Hadoop, developed by Apache Software Foundation, is an open-source, scalable, cluster-based software framework for processing data. Hadoop utilizes some technologies originally developed by Google for indexing search and structural information. Two of Hadoop’s key modules are MapReduce and Hadoop Distributed File System (HDFS). HDFS manages data by replicating it across different clusters, which then uses a technology called MapReduce to coordinate multiple computations from multiple clusters at once. By separating the computation over many other clusters, data can be computed and retrieved much faster. Since data is replicated among other clusters, a high level of robustness and reliability can be achieved. Hadoop can also detect and compensate for any hardware failures on the clusters. Additionally, Hadoop’s software allows clusters to check each other’s data for inconsistencies and errors to keep maintain data integrity.
Today, companies like LinkedIn, Twitter, Facebook, EBay, and Yahoo! all utilize Hadoop to manage their big data, and provide their users with big data derived content. In 2011, Facebook needed to migrate its 30 petabytes of data (over 30,000 terabytes) to a larger data center in Pineville, Oregon. By utilizing Hadoop’s HDFS and MapReduce, migrating this immense amount of data was done quickly and without significant downtime or data loss.
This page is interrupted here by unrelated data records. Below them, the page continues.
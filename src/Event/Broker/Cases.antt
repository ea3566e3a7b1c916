-- ===== src/Event/Broker/Cases.antt =====
-- How a request ends, as a rule for each request: what holds of every ending holds of the request.
use onvif_simulator.Prelude.{
  ℕ, ◌≡◌, String, true, false, none, some, Option-cases, Bool-cases, ◌⊎◌, inl, inr, refl,
}
use onvif_simulator.Prelude.Int.{ℤ}
use onvif_simulator.Prelude.Dict.{lookup, insert, delete}
use onvif_simulator.Event.Subscription.{Subscription}
use onvif_simulator.Event.Broker.{
  Broker, BrokerError, Go, Result, ok, err, is_expired, add_duration, subscription_not_found,
  no_random_source,
}
use onvif_simulator.Event.Broker.Requests.{
  Readings, SubscriptionInfo, require_sub, lifetime, admit, renew_found,
}

Result-cases {ℓ} :
    {A : Type ℓ} (r : Result A) → ((e : BrokerError) × (r ≡ err e)) ⊎ ((a : A) × (r ≡ ok a))
Result-cases (ok a) = inr (a, refl)
Result-cases (err e) = inl (e, refl)

module _ {ℓ} (b : Broker) (now : ℕ) (id : String) where
  pub require_sub_cases :
      (P : Broker × Result Subscription → Type ℓ)
      → (lookup id b.subs ≡ none → P (b, err subscription_not_found))
      → ((s : Subscription)
          → lookup id b.subs ≡ some s
          → is_expired now s ≡ true
          → P (record b { subs = delete id b.subs }, err subscription_not_found))
      → ((s : Subscription) → lookup id b.subs ≡ some s → is_expired now s ≡ false → P (b, ok s))
      → P (require_sub now id b)
  unfolding require_sub
  require_sub_cases P missing old live = elim (Option-cases (lookup id b.subs)) [
    | inl e ↦ rw (e, require_sub) (missing e)
    | inr (s, e) ↦ elim (Bool-cases (is_expired now s)) [
      | inl t ↦ rw (e, require_sub, t) (old s e t)
      | inr t ↦ rw (e, require_sub, t) (live s e t)
    ]
  ]

module _ {ℓ} (go : Go) (r : Readings) (text : String) (b : Broker) where
  pub admit_cases :
      (entry : String → ℕ → Subscription) (P : Broker × Result SubscriptionInfo → Type ℓ)
      → ((e : BrokerError) → P (b, err e))
      → ((id : String) (d : ℤ)
          → r.fresh_id ≡ some id
          → lifetime go r.at_parse text b.cfg ≡ ok d
          → P (
            record b { subs = insert id (entry id (add_duration r.now d)) b.subs },
            ok (record {
              subscription_id = id;
              current_time = r.now;
              termination_time = add_duration r.now d;
            }),
          ))
      → P (admit go r text entry b)
  unfolding admit
  admit_cases entry P failed added = elim (Result-cases (lifetime go r.at_parse text b.cfg)) [
    | inl (e, h) ↦ rw (h, admit) (failed e)
    | inr (d, h) ↦ elim (Option-cases r.fresh_id) [
      | inl n ↦ rw (h, admit, n) (failed no_random_source)
      | inr (id, n) ↦ rw (h, admit, n) (added id d n h)
    ]
  ]

  pub renew_found_cases :
      (id : String) (s : Subscription) (P : Broker × Result ℕ → Type ℓ)
      → ((e : BrokerError) → P (b, err e))
      → ((d : ℤ)
          → lifetime go r.at_parse text b.cfg ≡ ok d
          → P (
            record b {
              subs = insert id (record s { termination_time = add_duration r.now d }) b.subs;
            },
            ok (add_duration r.now d),
          ))
      → P (renew_found go r id text b (ok s))
  unfolding renew_found
  renew_found_cases id s P failed renewed =
      elim (Result-cases (lifetime go r.at_parse text b.cfg)) [
        | inl (e, h) ↦ rw (h, renew_found) (failed e)
        | inr (d, h) ↦ rw (h, renew_found) (renewed d h)
      ]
Companies and organizations should do their best to manage and interpret big data. By processing big data, they can take advantage of price optimization, staffing analysis, historical data analysis, and much more. Using technologies such as Hadoop to process the multitude of multi-structured data can help reduce time wasted on processing data with traditional database methods.

 

Sources

——————————————————————
Kelly, J. “Big Data Vendor Revenue And Market Forecast 2013-2017.” Wikibon. N.p., 11 Feb. 2014. Web. 12 Feb. 2014. http://wikibon.org/wiki/v/Big_Data_Vendor_Revenue_and_Market_Forecast_2013-2017.
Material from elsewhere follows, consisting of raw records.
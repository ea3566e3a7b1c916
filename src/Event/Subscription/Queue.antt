-- ===== src/Event/Subscription/Queue.antt =====
-- The queue of a pull-point subscription: bounded, first in, first out, the oldest dropped first.
use Prim.Native.Nat.{min}
use mathlib.Core.List.{append-nil, append_assoc}
use onvif_simulator.Prelude.{
  ◌-◌, ◌≤◌, ◌≡◌, List, [], ◌∷◌, ◌++◌, arith, length, last, drop, drop-append, last-append-last,
  length-append, length-drop, length-take, take-drop, ap, ◌∙◌, sym, if◌then◌else◌, Bool-cases, inl,
  inr, leb,
}
use onvif_simulator.Prelude.Int.{ℤ, pos, negsuc, ltb_ℤ, pos_part}
use onvif_simulator.Event.Subscription.{
  Subscription, NotificationMessage, enqueue, drain, drain_count, default_queue_depth,
}

pub enqueue-eq-last :
    (s : Subscription) (m : NotificationMessage)
    → length s.queue ≤ default_queue_depth
    → (enqueue s m).queue ≡ last default_queue_depth (s.queue ++ m ∷ [])
unfolding enqueue
enqueue-eq-last s m h = elim (Bool-cases (leb default_queue_depth (length s.queue))) [
  | inl full ↦ rw full (
      sym (drop-append 1 s.queue (m ∷ []) (ground arith))
      ∙ ap (λ n. drop n (s.queue ++ m ∷ [])) {x = 1}
          (ground (arith, length-append s.queue (m ∷ []))))
  | inr room ↦ rw room (
      ap (λ n. drop n (s.queue ++ m ∷ [])) {x = 0} (ground (arith, length-append s.queue (m ∷ []))))
]

pub length-enqueue-le :
    (s : Subscription) (m : NotificationMessage)
    → length s.queue ≤ default_queue_depth
    → length (enqueue s m).queue ≤ default_queue_depth
length-enqueue-le s m h = rw (enqueue-eq-last s m h) (
    omega
      (arith, length-drop (length (s.queue ++ m ∷ []) - default_queue_depth) (s.queue ++ m ∷ [])))

-- The queue after a sequence of messages.
pub enqueue_all : Subscription → List NotificationMessage → Subscription
enqueue_all s [] = s
enqueue_all s (m ∷ ms) = enqueue_all (enqueue s m) ms

-- A subscription whose queue holds at most 256 messages has, after any further messages, the
-- newest 256 of all of them in the order of their arrival.
pub enqueue_all-eq-last :
    (s : Subscription) (ms : List NotificationMessage)
    → length s.queue ≤ default_queue_depth
    → (enqueue_all s ms).queue ≡ last default_queue_depth (s.queue ++ ms)
unfolding enqueue_all
enqueue_all-eq-last s [] h = rw append-nil (ap (λ n. drop n s.queue) {x = 0} (omega arith))
enqueue_all-eq-last s (m ∷ ms) h =
    enqueue_all-eq-last (enqueue s m) ms (length-enqueue-le s m h)
    ∙ (rw (enqueue-eq-last s m h) (
        last-append-last default_queue_depth (s.queue ++ m ∷ []) ms
        ∙ ap (last default_queue_depth) (append_assoc s.queue (m ∷ []) ms)))

-- A drain hands out the front of the queue and leaves the rest, in order and without a gap. It
-- hands out at most `limit` messages where the limit is positive, and otherwise all of them.
drain_lem :
    (s : Subscription) (limit : ℤ)
    → ((drain s limit).0 ++ (drain s limit).1.queue ≡ s.queue)
      × (length (drain s limit).0
          ≡ (if ltb_ℤ (pos 0) limit then min (pos_part limit) (length s.queue) else length s.queue))
unfolding drain
drain_lem s (pos l) = (
  take-drop (drain_count (pos l) (length s.queue)) s.queue,
  ground (arith, length-take (drain_count (pos l) (length s.queue)) s.queue),
)
drain_lem s (negsuc l) =
    (take-drop (length s.queue) s.queue, ground (arith, length-take (length s.queue) s.queue))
Laney, D. “Deja VVU.” Web log post. Gartner. N.p., 14 Jan. 2012. Web. 11 Feb. 2014. http://blogs.gartner.com/doug-laney/deja-vvvue-others-claiming-gartners-volume-velocity-variety-construct-for-big-data/.
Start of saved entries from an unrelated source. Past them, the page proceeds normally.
-- ===== src/Event/Broker/Step.antt =====
-- The broker under concurrent use: every entry point is one call, and a history is a list of calls,
-- in the order in which they got the broker's mutex.
use onvif_simulator.Prelude.{ℕ, String, Bool, List, [], ◌∷◌, if◌then◌else◌}
use onvif_simulator.Prelude.Int.{ℤ}
use onvif_simulator.Event.Broker.{
  Broker, BrokerConfig, Go, update_config, start, stop, reap, publish, record_notify_result,
}
use onvif_simulator.Event.Broker.Requests.{
  Readings, SubscribeParams, create_pull_point_subscription, subscribe, pull_messages,
  set_synchronization_point, renew, unsubscribe,
}

pub data Call : Type 0 where
  starts stops : Call
  configures : BrokerConfig → Call
  publishes : ℕ → String → String → Call
  notifies : ℕ → String → Bool → Call
  creates : Readings → String → String → Call
  subscribes : Readings → SubscribeParams → Call
  pulls : ℕ → String → ℤ → Call
  syncs : ℕ → String → Call
  renews : Readings → String → String → Call
  unsubscribes : ℕ → String → Call
  ticks : ℕ → Call

-- One turn of `reapLoop`: the goroutine runs once the broker is started. After a stop a tick that
-- was already waiting may still be taken.
unfoldable pub tick : ℕ → Broker → Broker
tick now b = if b.started then reap now b else b

module _ (go : Go) where
  unfoldable pub step : Broker → Call → Broker
  unfolding tick
  step b starts = start b
  step b stops = stop b
  step b (configures c) = update_config c b
  step b (publishes now topic message) = (publish now topic message b).0
  step b (notifies now id success) = record_notify_result now id success b
  step b (creates r filter text) = (create_pull_point_subscription go r filter text b).0
  step b (subscribes r p) = (subscribe go r p b).0
  step b (pulls now id limit) = (pull_messages now id limit b).0
  step b (syncs now id) = (set_synchronization_point now id b).0
  step b (renews r id text) = (renew go r id text b).0
  step b (unsubscribes now id) = (unsubscribe now id b).0
  step b (ticks now) = tick now b

  unfoldable pub run : Broker → List Call → Broker
  run b [] = b
  run b (c ∷ cs) = run (step b c) cs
Big Data: The next Frontier for Innovation, Competition, and Productivity. Rep. MGI, 11 May 2011. Web. 11 Feb. 2014. http://www.mckinsey.com/insights/business_technology/big_data_the_next_frontier_for_innovation.
McKendrick, Joe. “Hadoop Enters the Enterprise Mainstream, and Big Data Will Never Be the Same.” Database Trends and Applications 26.1 (2012): 4-8. ABI/INFORM. Web. 11 Feb. 2014.